* **Collected data entries**:
=-=-=-=-=

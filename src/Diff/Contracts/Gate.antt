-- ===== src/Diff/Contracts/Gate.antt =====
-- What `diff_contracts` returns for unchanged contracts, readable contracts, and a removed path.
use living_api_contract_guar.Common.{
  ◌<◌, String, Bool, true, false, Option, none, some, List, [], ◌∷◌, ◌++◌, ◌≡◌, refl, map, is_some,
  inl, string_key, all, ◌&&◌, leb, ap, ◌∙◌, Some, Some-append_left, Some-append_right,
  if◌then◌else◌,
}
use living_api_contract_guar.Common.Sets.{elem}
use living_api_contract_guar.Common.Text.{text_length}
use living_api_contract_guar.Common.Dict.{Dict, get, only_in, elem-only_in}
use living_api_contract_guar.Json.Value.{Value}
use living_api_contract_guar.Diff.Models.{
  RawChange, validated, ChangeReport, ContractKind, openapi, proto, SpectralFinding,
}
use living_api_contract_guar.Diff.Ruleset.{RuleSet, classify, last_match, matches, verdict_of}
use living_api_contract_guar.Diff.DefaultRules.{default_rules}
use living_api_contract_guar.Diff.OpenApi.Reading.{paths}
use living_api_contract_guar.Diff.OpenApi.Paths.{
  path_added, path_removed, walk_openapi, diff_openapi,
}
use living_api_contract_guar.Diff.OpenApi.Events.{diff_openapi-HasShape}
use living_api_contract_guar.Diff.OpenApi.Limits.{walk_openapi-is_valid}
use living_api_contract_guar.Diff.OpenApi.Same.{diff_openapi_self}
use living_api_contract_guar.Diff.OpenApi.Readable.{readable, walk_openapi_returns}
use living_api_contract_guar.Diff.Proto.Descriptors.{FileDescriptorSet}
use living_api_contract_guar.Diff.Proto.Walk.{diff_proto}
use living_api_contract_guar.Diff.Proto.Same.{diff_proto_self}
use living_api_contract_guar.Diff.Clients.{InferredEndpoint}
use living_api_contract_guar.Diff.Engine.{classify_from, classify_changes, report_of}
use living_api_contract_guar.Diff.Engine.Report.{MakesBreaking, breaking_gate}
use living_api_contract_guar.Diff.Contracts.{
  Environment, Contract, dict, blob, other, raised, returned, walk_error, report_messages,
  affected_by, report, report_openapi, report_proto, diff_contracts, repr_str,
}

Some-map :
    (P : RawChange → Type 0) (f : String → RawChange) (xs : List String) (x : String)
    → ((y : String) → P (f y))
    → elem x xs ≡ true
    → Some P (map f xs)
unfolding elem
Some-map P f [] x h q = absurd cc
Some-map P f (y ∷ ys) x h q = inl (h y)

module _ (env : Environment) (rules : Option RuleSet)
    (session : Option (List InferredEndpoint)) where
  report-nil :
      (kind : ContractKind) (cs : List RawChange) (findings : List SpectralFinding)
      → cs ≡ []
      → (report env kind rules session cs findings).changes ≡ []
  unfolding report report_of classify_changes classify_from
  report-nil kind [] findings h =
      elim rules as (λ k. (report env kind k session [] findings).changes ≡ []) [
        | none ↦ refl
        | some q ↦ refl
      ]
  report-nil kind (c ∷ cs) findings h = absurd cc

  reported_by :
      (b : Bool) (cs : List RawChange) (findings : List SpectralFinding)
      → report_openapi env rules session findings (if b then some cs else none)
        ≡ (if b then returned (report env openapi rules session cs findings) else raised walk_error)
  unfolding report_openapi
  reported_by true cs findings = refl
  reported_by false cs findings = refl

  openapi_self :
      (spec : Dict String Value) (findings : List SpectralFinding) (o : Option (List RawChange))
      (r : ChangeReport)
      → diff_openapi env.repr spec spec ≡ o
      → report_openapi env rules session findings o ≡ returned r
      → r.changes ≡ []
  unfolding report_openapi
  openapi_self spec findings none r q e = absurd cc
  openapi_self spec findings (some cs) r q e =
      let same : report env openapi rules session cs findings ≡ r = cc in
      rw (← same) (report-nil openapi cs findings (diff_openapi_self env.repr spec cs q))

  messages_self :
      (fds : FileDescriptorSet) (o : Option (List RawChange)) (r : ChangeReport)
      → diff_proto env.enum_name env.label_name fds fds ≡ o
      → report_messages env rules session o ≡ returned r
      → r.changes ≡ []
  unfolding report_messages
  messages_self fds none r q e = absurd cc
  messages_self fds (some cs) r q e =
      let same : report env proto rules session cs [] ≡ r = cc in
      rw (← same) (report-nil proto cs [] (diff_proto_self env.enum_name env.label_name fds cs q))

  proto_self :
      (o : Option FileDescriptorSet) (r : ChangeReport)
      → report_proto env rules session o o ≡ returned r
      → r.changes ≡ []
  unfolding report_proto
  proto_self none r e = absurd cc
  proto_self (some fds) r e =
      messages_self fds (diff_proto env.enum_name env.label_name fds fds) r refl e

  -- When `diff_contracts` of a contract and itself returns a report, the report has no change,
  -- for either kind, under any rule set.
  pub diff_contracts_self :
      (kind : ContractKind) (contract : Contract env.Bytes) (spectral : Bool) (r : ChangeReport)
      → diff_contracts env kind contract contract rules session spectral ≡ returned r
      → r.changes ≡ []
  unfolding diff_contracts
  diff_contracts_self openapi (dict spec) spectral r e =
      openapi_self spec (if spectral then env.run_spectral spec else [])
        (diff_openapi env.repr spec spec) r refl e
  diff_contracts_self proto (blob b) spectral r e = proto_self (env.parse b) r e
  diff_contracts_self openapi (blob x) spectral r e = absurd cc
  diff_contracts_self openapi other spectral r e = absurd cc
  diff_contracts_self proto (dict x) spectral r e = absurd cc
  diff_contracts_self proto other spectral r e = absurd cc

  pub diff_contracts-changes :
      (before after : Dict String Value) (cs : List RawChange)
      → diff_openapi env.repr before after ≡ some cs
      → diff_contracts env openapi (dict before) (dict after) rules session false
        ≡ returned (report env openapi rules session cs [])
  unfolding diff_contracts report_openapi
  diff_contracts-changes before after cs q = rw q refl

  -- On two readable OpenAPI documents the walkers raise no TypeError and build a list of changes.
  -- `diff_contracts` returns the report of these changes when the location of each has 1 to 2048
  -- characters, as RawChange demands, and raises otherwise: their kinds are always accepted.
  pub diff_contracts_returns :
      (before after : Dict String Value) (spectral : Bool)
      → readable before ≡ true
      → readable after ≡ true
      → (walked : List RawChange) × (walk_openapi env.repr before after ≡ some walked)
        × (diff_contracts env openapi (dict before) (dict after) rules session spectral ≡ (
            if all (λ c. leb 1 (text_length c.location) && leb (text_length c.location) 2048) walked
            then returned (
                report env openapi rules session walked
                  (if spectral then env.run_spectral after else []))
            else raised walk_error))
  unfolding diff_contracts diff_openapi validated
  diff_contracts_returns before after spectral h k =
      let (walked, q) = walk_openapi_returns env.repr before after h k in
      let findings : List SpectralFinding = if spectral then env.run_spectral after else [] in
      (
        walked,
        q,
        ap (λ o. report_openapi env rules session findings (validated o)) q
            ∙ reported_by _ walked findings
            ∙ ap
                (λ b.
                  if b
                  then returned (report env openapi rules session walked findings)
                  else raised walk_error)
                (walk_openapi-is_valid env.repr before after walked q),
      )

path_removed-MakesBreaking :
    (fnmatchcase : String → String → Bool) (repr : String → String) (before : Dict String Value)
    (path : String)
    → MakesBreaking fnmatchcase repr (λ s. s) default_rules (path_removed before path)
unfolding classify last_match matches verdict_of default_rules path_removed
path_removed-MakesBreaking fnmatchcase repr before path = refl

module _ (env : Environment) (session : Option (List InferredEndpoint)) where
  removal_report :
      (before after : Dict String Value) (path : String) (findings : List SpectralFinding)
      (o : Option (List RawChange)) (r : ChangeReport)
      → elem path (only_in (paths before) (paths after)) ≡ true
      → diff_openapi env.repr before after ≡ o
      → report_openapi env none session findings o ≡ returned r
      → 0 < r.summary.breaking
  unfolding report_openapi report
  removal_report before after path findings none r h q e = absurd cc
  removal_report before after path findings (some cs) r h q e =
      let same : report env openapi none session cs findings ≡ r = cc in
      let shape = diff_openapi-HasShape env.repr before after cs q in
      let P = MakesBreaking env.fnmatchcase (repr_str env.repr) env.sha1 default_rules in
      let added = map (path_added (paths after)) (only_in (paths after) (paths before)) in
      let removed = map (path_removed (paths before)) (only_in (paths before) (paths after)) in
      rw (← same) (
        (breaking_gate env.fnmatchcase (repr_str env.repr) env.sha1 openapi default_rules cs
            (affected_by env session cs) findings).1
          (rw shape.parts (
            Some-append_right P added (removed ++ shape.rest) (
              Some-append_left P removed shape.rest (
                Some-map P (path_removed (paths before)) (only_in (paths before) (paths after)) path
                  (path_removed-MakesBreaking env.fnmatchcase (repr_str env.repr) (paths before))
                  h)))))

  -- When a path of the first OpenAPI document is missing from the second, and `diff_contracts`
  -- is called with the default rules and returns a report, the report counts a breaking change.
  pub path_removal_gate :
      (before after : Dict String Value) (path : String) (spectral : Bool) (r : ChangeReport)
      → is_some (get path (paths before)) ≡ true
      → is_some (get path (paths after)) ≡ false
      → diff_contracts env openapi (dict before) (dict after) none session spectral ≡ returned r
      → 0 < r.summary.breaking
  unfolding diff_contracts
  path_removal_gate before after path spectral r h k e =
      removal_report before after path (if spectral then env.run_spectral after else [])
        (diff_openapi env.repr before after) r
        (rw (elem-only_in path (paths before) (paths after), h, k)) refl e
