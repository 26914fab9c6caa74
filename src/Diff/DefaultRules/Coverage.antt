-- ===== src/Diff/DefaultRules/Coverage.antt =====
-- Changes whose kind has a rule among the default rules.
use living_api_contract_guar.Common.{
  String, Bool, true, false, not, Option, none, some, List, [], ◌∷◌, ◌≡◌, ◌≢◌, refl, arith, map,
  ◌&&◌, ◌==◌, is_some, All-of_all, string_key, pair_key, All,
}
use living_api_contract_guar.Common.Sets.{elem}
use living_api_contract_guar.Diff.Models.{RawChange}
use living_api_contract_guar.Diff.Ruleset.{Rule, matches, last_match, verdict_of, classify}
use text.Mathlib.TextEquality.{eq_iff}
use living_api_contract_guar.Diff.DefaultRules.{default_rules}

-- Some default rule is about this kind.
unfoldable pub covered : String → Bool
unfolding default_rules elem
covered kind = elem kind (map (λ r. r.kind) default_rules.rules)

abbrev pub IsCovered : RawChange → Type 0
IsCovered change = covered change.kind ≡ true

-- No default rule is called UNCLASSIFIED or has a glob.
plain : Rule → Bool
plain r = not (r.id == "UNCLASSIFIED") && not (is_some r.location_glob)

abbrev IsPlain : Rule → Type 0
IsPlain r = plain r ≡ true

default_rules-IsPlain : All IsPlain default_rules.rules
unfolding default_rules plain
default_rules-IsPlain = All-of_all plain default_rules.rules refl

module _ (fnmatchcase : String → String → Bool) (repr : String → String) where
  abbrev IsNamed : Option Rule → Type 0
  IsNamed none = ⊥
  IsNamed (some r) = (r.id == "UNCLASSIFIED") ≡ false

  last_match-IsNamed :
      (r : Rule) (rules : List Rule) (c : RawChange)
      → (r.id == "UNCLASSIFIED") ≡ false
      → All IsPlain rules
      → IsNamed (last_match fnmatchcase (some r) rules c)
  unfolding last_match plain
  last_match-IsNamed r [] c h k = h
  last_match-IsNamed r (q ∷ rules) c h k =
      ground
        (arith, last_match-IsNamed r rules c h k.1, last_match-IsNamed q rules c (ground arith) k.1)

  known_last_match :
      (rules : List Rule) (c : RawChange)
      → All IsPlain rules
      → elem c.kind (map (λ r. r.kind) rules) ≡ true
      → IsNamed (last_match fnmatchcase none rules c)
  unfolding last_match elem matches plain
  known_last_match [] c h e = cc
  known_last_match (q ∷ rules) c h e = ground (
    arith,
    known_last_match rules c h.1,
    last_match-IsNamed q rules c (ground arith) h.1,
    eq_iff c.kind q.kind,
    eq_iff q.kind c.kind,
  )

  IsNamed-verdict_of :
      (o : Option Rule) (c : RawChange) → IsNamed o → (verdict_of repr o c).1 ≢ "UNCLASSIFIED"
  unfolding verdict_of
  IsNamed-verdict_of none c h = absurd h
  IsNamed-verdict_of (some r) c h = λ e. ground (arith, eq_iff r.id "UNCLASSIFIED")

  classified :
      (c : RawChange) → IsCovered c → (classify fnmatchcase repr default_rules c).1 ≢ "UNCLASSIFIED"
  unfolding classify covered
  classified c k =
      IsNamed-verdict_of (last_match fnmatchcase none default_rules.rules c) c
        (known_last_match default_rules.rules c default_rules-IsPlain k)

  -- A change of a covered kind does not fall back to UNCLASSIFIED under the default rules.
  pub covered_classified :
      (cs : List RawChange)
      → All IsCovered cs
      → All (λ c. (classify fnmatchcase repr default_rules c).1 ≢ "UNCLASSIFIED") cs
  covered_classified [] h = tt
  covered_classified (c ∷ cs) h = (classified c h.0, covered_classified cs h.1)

=-=-=-=-=

* **Task instructions**: The answer must be every line of the records that holds the string "HasShape".

* **Task answer**:
use living_api_contract_guar.Diff.OpenApi.Events.{diff_openapi-HasShape}
      let shape = diff_openapi-HasShape env.repr before after cs q in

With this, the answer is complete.